### Activity
Report each line from the entries in which "total" can be found.

### Data for analysis
***

-- ===== src/Writer/Accumulator/Adding.antt =====
-- Adding an object keeps it, in a segment that is open or sealed.
use external_database_audit.Base.{
  ℕ, ◌+◌, ◌<◌, ◌≡◌, ◌∙◌, refl, ap, subst, inl, inr, String, Bool, false, Option, none, some, List,
  [], ◌∷◌, ◌++◌, leb, str_eq, eq_iff, if◌then◌else◌, arith, if-cases,
}
use external_database_audit.Base.Dict
use external_database_audit.Base.Dict.{Dict, get-set, get-delete}
use external_database_audit.Base.Lists.{length, length-append}
use external_database_audit.Base.Platform.{Platform}
use external_database_audit.Base.Result.{ok, err}
use external_database_audit.Cce.{Cce}
use external_database_audit.Writer.Sealing.{
  OpenSegment, SealReady, event_count_cap, time_cap, count,
}
use external_database_audit.Writer.Accumulator.{
  Accumulator, SegmentCaps, next_of, Called, overdue, open_segment, put_in, put_found, admit, add,
}
use external_database_audit.Writer.Accumulator.Shape.{IsMap-set, count_at, total-set, IsSound}
use external_database_audit.Writer.Accumulator.Takes.{Takes, Takes-IsSound}
use external_database_audit.Writer.Accumulator.Keeping.{
  Keeps, Keeps-append, count-append, Takes-Keeps, Takes-Fits, Fits, IsKeeping, IsKeeping-idle,
  seal_then-parts, seal_then-IsKeeping,
}

-- the object, if it is admitted
abbrev pub admitted : Cce → List Cce
admitted o = elim (admit o) [ err rejected ↦ [] | ok u ↦ o ∷ [] ]

-- a segment to which an object of a database may be put
pub record HasRoom (limit : ℕ) (db : String) (seg : OpenSegment) (acc : Accumulator) : Type 0 where
  pub db_id : seg.db_id ≡ db
  pub sequence : seg.segment_sequence ≡ next_of db acc
  pub small : length seg.objects < limit
  pub current : (p : Cce → Bool) → count_at p (Dict.get db acc.opened) ≡ count p seg.objects

abbrev filled : Cce → OpenSegment → OpenSegment
filled o seg = record seg { objects = seg.objects ++ o ∷ [] }

abbrev holding : Cce → OpenSegment → Accumulator → Accumulator
holding o seg acc = record acc { opened = Dict.set o.source.db_id (filled o seg) acc.opened }

get-holding :
    (o : Cce) (seg : OpenSegment) (acc : Accumulator) (k : String)
    → Dict.get k (holding o seg acc).opened
      ≡ (if str_eq o.source.db_id k then some (filled o seg) else Dict.get k acc.opened)
get-holding o seg acc k = get-set o.source.db_id k (filled o seg) acc.opened

module _ (limit : ℕ) (o : Cce) (seg : OpenSegment) (acc : Accumulator) (sound : IsSound acc)
    (fits : Fits limit acc) (open_in : HasRoom limit o.source.db_id seg acc) where
  holding-IsSound : IsSound (holding o seg acc)
  holding-IsSound = record {
    distinct = IsMap-set o.source.db_id (filled o seg) acc.opened sound.distinct;
    keyed = λ k u held.
        ground
          (arith, eq_iff o.source.db_id k, get-holding o seg acc k, sound.keyed k u, open_in.db_id);
    numbered = λ k u held. ground (
      arith,
      eq_iff o.source.db_id k,
      get-holding o seg acc k,
      sound.numbered k u,
      open_in.sequence,
    );
  }

  holding-Keeps : Keeps limit (o ∷ []) acc (holding o seg acc) []
  holding-Keeps = record {
    conserved = λ p. omega (
      arith,
      total-set p o.source.db_id (filled o seg) acc.opened,
      open_in.current p,
      count-append p seg.objects (o ∷ []),
    );
    ready = tt;
    numbered = λ db. refl;
  }

  length-filled : length (filled o seg).objects ≡ length seg.objects + 1
  length-filled = length-append seg.objects (o ∷ [])

  holding-IsKeeping :
      leb limit (length (filled o seg).objects) ≡ false
      → IsKeeping limit (o ∷ []) acc (holding o seg acc) []
  holding-IsKeeping room = record {
    sound = holding-IsSound;
    fits = λ k u held.
        ground (arith, eq_iff o.source.db_id k, get-holding o seg acc k, fits k u, length-filled);
    keeps = holding-Keeps;
  }

  full-IsKeeping :
      (left : Accumulator) (s : SealReady)
      → Takes (filled o seg) (holding o seg acc) left s
      → IsKeeping limit (o ∷ []) acc left (s ∷ [])
  full-IsKeeping left s t = record {
    sound = Takes-IsSound (filled o seg) (holding o seg acc) left s t holding-IsSound;
    fits =
        Takes-Fits limit (filled o seg) (holding o seg acc) left s t
          (λ k u other held. fits k u (ground (arith, get-holding o seg acc k, open_in.db_id)));
    keeps = Keeps-append limit (o ∷ []) [] acc (holding o seg acc) left [] (s ∷ []) holding-Keeps (
        Takes-Keeps limit (filled o seg) (holding o seg acc) left s t holding-IsSound
          (ground (
            arith,
            eq_iff o.source.db_id seg.db_id,
            get-holding o seg acc seg.db_id,
            open_in.db_id,
          ))
          (omega (arith, open_in.small, length-filled)));
  }

module _ (js : Platform) (caps : SegmentCaps) where
  put_in-IsKeeping :
      (o : Cce) (closed : String) (seg : OpenSegment) (acc left : Accumulator)
      (out : List SealReady)
      → IsSound acc
      → Fits caps.max_events acc
      → HasRoom caps.max_events o.source.db_id seg acc
      → put_in js caps o closed seg acc ≡ ok (left, out)
      → IsKeeping caps.max_events (o ∷ []) acc left out
  unfolding put_in
  put_in-IsKeeping o closed seg acc left out sound fits room done =
      let limit = caps.max_events in
      elim (if-cases (leb limit (length (filled o seg).objects)) _ _ done) [
        | inl (full, sealed) ↦
            let (gone, s, more, t, e, same) =
              seal_then-parts js (filled o seg) event_count_cap closed (holding o seg acc) left out
                (λ a. ok (a, [])) sealed in
            let f : gone ≡ left = cc in
            let g : s ∷ [] ≡ out = cc in
            subst (λ a. IsKeeping limit (o ∷ []) acc a out) f
              (subst (IsKeeping limit (o ∷ []) acc gone) g
                (full-IsKeeping limit o seg acc sound fits room gone s t))
        | inr (space, put) ↦
            let f : holding o seg acc ≡ left = cc in
            let g : [] ≡ out = cc in
            subst (λ a. IsKeeping limit (o ∷ []) acc a out) f
              (subst (IsKeeping limit (o ∷ []) acc (holding o seg acc)) g
                (holding-IsKeeping limit o seg acc sound fits room space))
      ]

  -- a new segment has room, where none is open
  HasRoom-open_segment :
      (db engine now : String) (acc : Accumulator)
      → 0 < caps.max_events
      → Dict.get db acc.opened ≡ none
      → HasRoom caps.max_events db (open_segment js caps db engine now acc) acc
  unfolding open_segment
  HasRoom-open_segment db engine now acc pos free = record {
    db_id = refl;
    sequence = refl;
    small = pos;
    current = λ p. ap (count_at p) free;
  }

  put_found-IsKeeping :
      (o : Cce) (now closed : String) (found : Option OpenSegment) (acc left : Accumulator)
      (out : List SealReady)
      → 0 < caps.max_events
      → IsSound acc
      → Fits caps.max_events acc
      → Dict.get o.source.db_id acc.opened ≡ found
      → put_found js caps o now closed found acc ≡ ok (left, out)
      → IsKeeping caps.max_events (o ∷ []) acc left out
  unfolding put_found
  put_found-IsKeeping o now closed none acc left out pos sound fits free done =
      put_in-IsKeeping o closed (open_segment js caps o.source.db_id o.source.engine now acc) acc
        left out sound fits (HasRoom-open_segment o.source.db_id o.source.engine now acc pos free)
        done
  put_found-IsKeeping o now closed (some seg) acc left out pos sound fits held done =
      let db = o.source.db_id in
      let named = sound.keyed db seg held in
      elim (if-cases (overdue js caps seg now) _ _ done) [
        | inl (late, sealed) ↦
            seal_then-IsKeeping js caps.max_events seg time_cap now (o ∷ []) acc left out
              (λ a. put_in js caps o closed (open_segment js caps db o.source.engine now a) a) sound
              fits (ap (λ k. Dict.get k acc.opened) named ∙ held) sealed
              (λ a s more t still small put.
                put_in-IsKeeping o closed (open_segment js caps db o.source.engine now a) a left
                  more still small
                  (HasRoom-open_segment db o.source.engine now a pos (
                    ground (
                      arith,
                      eq_iff seg.db_id db,
                      get-delete seg.db_id db acc.opened,
                      ap (Dict.get db) t.opened,
                    )))
                  put)
        | inr (young, put) ↦
            put_in-IsKeeping o closed seg acc left out sound fits
              (record {
                db_id = named;
                sequence = sound.numbered db seg held;
                small = (fits db seg held).1;
                current = λ p. ap (count_at p) held;
              })
              put
      ]

  pub add-IsKeeping :
      (o : Cce) (now closed : String) (acc left : Accumulator) (out : List SealReady)
      → 0 < caps.max_events
      → IsSound acc
      → Fits caps.max_events acc
      → add js caps o now closed acc ≡ ok (left, out)
      → IsKeeping caps.max_events (admitted o) acc left out
  unfolding add
  add-IsKeeping o now closed acc left out pos sound fits done =
      let limit = caps.max_events in
      elim (admit o)
          as (λ r.
            elim r as (λ _. Called) [
              | err rejected ↦ ok (acc, [])
              | ok u ↦ put_found js caps o now closed (Dict.get o.source.db_id acc.opened) acc
            ]
              ≡ ok (left, out)
            → IsKeeping limit (elim r as (λ _. List Cce) [ err rejected ↦ [] | ok u ↦ o ∷ [] ]) acc
                left out) [
                  | err rejected ↦ IsKeeping-idle limit acc left out sound fits
                  | ok u ↦
                      put_found-IsKeeping o now closed (Dict.get o.source.db_id acc.opened) acc left
                        out pos sound fits refl
                ]
        done
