-- ===== src/Writer/Accumulator/Sweeping.antt =====
-- Sweeping and flushing keep every object.
use external_database_audit.Base.{
  ◌≡◌, ◌∙◌, ap, sym, subst, inl, inr, String, none, some, List, [], ◌∷◌, ltb, eq_iff, eq_refl,
  arith, if-cases,
}
use external_database_audit.Base.Dict
use external_database_audit.Base.Dict.{Dict, get-set, get-delete}
use external_database_audit.Base.Lists.{length, All}
use external_database_audit.Base.Platform.{Platform}
use external_database_audit.Base.Result.{ok}
use external_database_audit.Writer.Sealing.{OpenSegment, SealReady, time_cap, flush}
use external_database_audit.Writer.Accumulator.{
  Accumulator, SegmentCaps, overdue, sweep_entries, flush_entries,
}
use external_database_audit.Writer.Accumulator.Shape.{IsMap, IsSound}
use external_database_audit.Writer.Accumulator.Takes.{Takes}
use external_database_audit.Writer.Accumulator.Keeping.{
  Fits, IsKeeping, IsKeeping-idle, seal_then-IsKeeping,
}

abbrev pub Entry : Type 0
Entry = String × OpenSegment

-- the entries are those that a map holds under their keys
abbrev pub AreIn : Dict OpenSegment → List Entry → Type 0
AreIn m es = All (λ e. Dict.get e.0 m ≡ some e.1) es

AreIn-cons :
    (k : String) (s : OpenSegment) (m : Dict OpenSegment) (es : List Entry)
    → Dict.get k m ≡ none
    → AreIn m es
    → AreIn ((k, s) ∷ m) es
unfolding Dict.get
AreIn-cons k s m [] free h = tt
AreIn-cons k s m ((j, u) ∷ es) free (held, h) =
    (ground (arith, eq_iff k j), AreIn-cons k s m es free h)

pub AreIn-self : (m : Dict OpenSegment) → IsMap m → AreIn m m
unfolding Dict.get
AreIn-self [] h = tt
AreIn-self ((k, s) ∷ m) (free, h) =
    (ground (arith, eq_refl k), AreIn-cons k s m m free (AreIn-self m h))

pub AreIn-delete :
    (k : String) (m : Dict OpenSegment) (es : List Entry)
    → Dict.get k es ≡ none
    → AreIn m es
    → AreIn (Dict.delete k m) es
unfolding Dict.get
AreIn-delete k m [] free h = tt
AreIn-delete k m ((j, u) ∷ es) free (held, h) = (
  ground (arith, eq_iff j k, eq_iff k j, get-delete k j m),
  AreIn-delete k m es (ground (arith, eq_iff j k)) h,
)

pub AreIn-Takes :
    (seg : OpenSegment) (acc left : Accumulator) (s : SealReady) (db : String) (es : List Entry)
    → IsSound acc
    → Dict.get db acc.opened ≡ some seg
    → Dict.get db es ≡ none
    → Takes seg acc left s
    → AreIn acc.opened es
    → AreIn left.opened es
AreIn-Takes seg acc left s db es sound held free t rest =
    let named = sound.keyed db seg held in
    subst (λ m. AreIn m es) (sym t.opened)
      (AreIn-delete seg.db_id acc.opened es (ap (λ k. Dict.get k es) named ∙ free) rest)

module _ (js : Platform) (caps : SegmentCaps) where
  pub sweep_entries-IsKeeping :
      (es : List Entry) (now : String) (acc left : Accumulator) (out : List SealReady)
      → IsSound acc
      → Fits caps.max_events acc
      → IsMap es
      → AreIn acc.opened es
      → sweep_entries js caps es now acc ≡ ok (left, out)
      → IsKeeping caps.max_events [] acc left out
  unfolding sweep_entries
  sweep_entries-IsKeeping [] now acc left out sound fits map held done =
      IsKeeping-idle caps.max_events acc left out sound fits done
  sweep_entries-IsKeeping ((db, seg) ∷ es) now acc left out sound fits (free, map) (held, rest)
        done =
      let named = sound.keyed db seg held in
      elim (if-cases (overdue js caps seg now) _ _ done) [
        | inl (late, sealed) ↦
            seal_then-IsKeeping js caps.max_events seg time_cap now [] acc left out
              (λ a. sweep_entries js caps es now a) sound fits
              (ap (λ k. Dict.get k acc.opened) named ∙ held) sealed
              (λ a s more t still small swept.
                sweep_entries-IsKeeping es now a left more still small map
                  (AreIn-Takes seg acc a s db es sound held free t rest) swept)
        | inr (young, swept) ↦ sweep_entries-IsKeeping es now acc left out sound fits map rest swept
      ]

  pub flush_entries-IsKeeping :
      (es : List Entry) (now : String) (acc left : Accumulator) (out : List SealReady)
      → IsSound acc
      → Fits caps.max_events acc
      → IsMap es
      → AreIn acc.opened es
      → flush_entries js caps es now acc ≡ ok (left, out)
      → IsKeeping caps.max_events [] acc left out
  unfolding flush_entries
  flush_entries-IsKeeping [] now acc left out sound fits map held done =
      IsKeeping-idle caps.max_events acc left out sound fits done
  flush_entries-IsKeeping ((db, seg) ∷ es) now acc left out sound fits (free, map) (held, rest)
        done =
      let named = sound.keyed db seg held in
      elim (if-cases (ltb 0 (length seg.objects)) _ _ done) [
        | inl (late, sealed) ↦
            seal_then-IsKeeping js caps.max_events seg flush now [] acc left out
              (λ a. flush_entries js caps es now a) sound fits
              (ap (λ k. Dict.get k acc.opened) named ∙ held) sealed
              (λ a s more t still small flushed.
                flush_entries-IsKeeping es now a left more still small map
                  (AreIn-Takes seg acc a s db es sound held free t rest) flushed)
        | inr (none_there, flushed) ↦ absurd (ground (arith, fits db seg held))
      ]
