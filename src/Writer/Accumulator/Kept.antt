-- ===== src/Writer/Accumulator/Kept.antt =====
-- Sequences of calls: every admitted object is in one segment, open or sealed, and what is sealed is
-- ready for the sealer.
use external_database_audit.Base.{
  ◌+◌, ◌<◌, ◌≡◌, refl, ap, subst, String, Bool, some, List, [], ◌∷◌, ◌++◌, arith,
}
use external_database_audit.Base.Dict
use external_database_audit.Base.Dict.{Dict, get-set, get-delete}
use external_database_audit.Base.Lists.{All}
use external_database_audit.Base.Platform.{Platform}
use external_database_audit.Base.Result.{ok, >>=-eq-ok}
use external_database_audit.Cce.{Cce}
use external_database_audit.Writer.Sealing.{SealReady, count}
use external_database_audit.Writer.Accumulator.{
  Accumulator, SegmentCaps, next_of, sweep, flush_all, Call, adding, sweeping, flushing, step, run,
  create,
}
use external_database_audit.Writer.Accumulator.Shape.{total, IsSound}
use external_database_audit.Writer.Accumulator.Keeping.{
  count_sealed, IsReady, Numbered, Fits, IsKeeping, IsKeeping-append, IsKeeping-idle,
}
use external_database_audit.Writer.Accumulator.Adding.{admitted, add-IsKeeping}
use external_database_audit.Writer.Accumulator.Sweeping.{
  AreIn-self, sweep_entries-IsKeeping, flush_entries-IsKeeping,
}

abbrev pub admitted_by : Call → List Cce
admitted_by (adding o now closed) = admitted o
admitted_by (sweeping now) = []
admitted_by (flushing now) = []

-- the objects of the calls that are admitted
abbrev pub all_admitted : List Call → List Cce
all_admitted [] = []
all_admitted (c ∷ cs) = admitted_by c ++ all_admitted cs

-- a new accumulator
pub created :
    (caps : SegmentCaps) (acc : Accumulator)
    → create caps ≡ some acc
    → (0 < caps.max_events) × IsSound acc × Fits caps.max_events acc × (acc.opened ≡ [])
unfolding create Dict.get
created caps acc made =
    let new : Accumulator = record { opened = []; next_seq = [] } in
    let same : new ≡ acc = ground arith in
    subst (λ a. (0 < caps.max_events) × IsSound a × Fits caps.max_events a × (a.opened ≡ [])) same
      (
        ground arith,
        record {
          distinct = tt;
          keyed = λ k s held. absurd (cc);
          numbered = λ k s held. absurd (cc);
        },
        λ k s held. absurd (cc),
        refl,
      )

next_of-created :
    (caps : SegmentCaps) (acc : Accumulator) (db : String)
    → create caps ≡ some acc
    → next_of db acc ≡ 0
unfolding create Dict.get
next_of-created caps acc db made = ground arith

module _ (js : Platform) (caps : SegmentCaps) where
  pub step-IsKeeping :
      (c : Call) (acc left : Accumulator) (out : List SealReady)
      → 0 < caps.max_events
      → IsSound acc
      → Fits caps.max_events acc
      → step js caps c acc ≡ ok (left, out)
      → IsKeeping caps.max_events (admitted_by c) acc left out
  unfolding step sweep flush_all
  step-IsKeeping (adding o now closed) acc left out pos sound fits done =
      add-IsKeeping js caps o now closed acc left out pos sound fits done
  step-IsKeeping (sweeping now) acc left out pos sound fits done =
      sweep_entries-IsKeeping js caps acc.opened now acc left out sound fits sound.distinct
        (AreIn-self acc.opened sound.distinct) done
  step-IsKeeping (flushing now) acc left out pos sound fits done =
      flush_entries-IsKeeping js caps acc.opened now acc left out sound fits sound.distinct
        (AreIn-self acc.opened sound.distinct) done

  run-IsKeeping :
      (cs : List Call) (acc left : Accumulator) (out : List SealReady)
      → 0 < caps.max_events
      → IsSound acc
      → Fits caps.max_events acc
      → run js caps cs acc ≡ ok (left, out)
      → IsKeeping caps.max_events (all_admitted cs) acc left out
  unfolding run
  run-IsKeeping [] acc left out pos sound fits done =
      IsKeeping-idle caps.max_events acc left out sound fits done
  run-IsKeeping (c ∷ cs) acc left out pos sound fits done =
      let ((a, s), first, e) = >>=-eq-ok (step js caps c acc) _ done in
      let ((b, t), rest, g) = >>=-eq-ok (run js caps cs a) _ e in
      let now = step-IsKeeping c acc a s pos sound fits first in
      let end : b ≡ left = cc in
      let all : s ++ t ≡ out = cc in
      subst (λ x. IsKeeping caps.max_events (all_admitted (c ∷ cs)) acc x out) end
        (subst (IsKeeping caps.max_events (all_admitted (c ∷ cs)) acc b) all (
          IsKeeping-append caps.max_events (admitted_by c) (all_admitted cs) acc a b s t now
            (run-IsKeeping cs a b t pos now.sound now.fits rest)))

  run-created :
      (acc left : Accumulator) (cs : List Call) (out : List SealReady)
      → create caps ≡ some acc
      → run js caps cs acc ≡ ok (left, out)
      → IsKeeping caps.max_events (all_admitted cs) acc left out
  run-created acc left cs out made done =
      let (pos, sound, fits, none_open) = created caps acc made in
      run-IsKeeping cs acc left out pos sound fits done

  -- Whatever objects are added and whenever segments are swept or flushed, from a new accumulator on:
  -- as long as no call throws, the admitted objects are, each as often as it was admitted, those in
  -- the segments that were sealed and in those that are still open.
  pub run-conserves :
      (acc left : Accumulator) (cs : List Call) (out : List SealReady) (p : Cce → Bool)
      → create caps ≡ some acc
      → run js caps cs acc ≡ ok (left, out)
      → total p left.opened + count_sealed p out ≡ count p (all_admitted cs)
  run-conserves acc left cs out p made done = omega (
    arith,
    (run-created acc left cs out made done).keeps.conserved p,
    ap (total p) (created caps acc made).3,
  )

  -- Every segment that is sealed is prepared for the sealer and holds no more objects than the cap,
  -- and every segment that stays open holds at least one object and fewer than the cap.
  pub run-within_caps :
      (acc left : Accumulator) (cs : List Call) (out : List SealReady)
      → create caps ≡ some acc
      → run js caps cs acc ≡ ok (left, out)
      → All (IsReady caps.max_events) out × Fits caps.max_events left
  run-within_caps acc left cs out made done =
      let kept = run-created acc left cs out made done in (kept.keeps.ready, kept.fits)

  -- The sealed segments of each database are numbered from 0 on without a gap, in the order in which
  -- they are sealed.
  pub run-Numbered :
      (acc left : Accumulator) (cs : List Call) (out : List SealReady) (db : String)
      → create caps ≡ some acc
      → run js caps cs acc ≡ ok (left, out)
      → Numbered db 0 (next_of db left) out
  run-Numbered acc left cs out db made done =
      subst (λ n. Numbered db n (next_of db left) out) (next_of-created caps acc db made)
        ((run-created acc left cs out made done).keeps.numbered db)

***

### Response box
use external_database_audit.Writer.Accumulator.Shape.{IsMap-set, count_at, total-set, IsSound}
      total-set p o.source.db_id (filled o seg) acc.opened,
use external_database_audit.Writer.Accumulator.Shape.{total, IsSound}
      → total p left.opened + count_sealed p out ≡ count p (all_admitted cs)
    ap (total p) (created caps acc made).3,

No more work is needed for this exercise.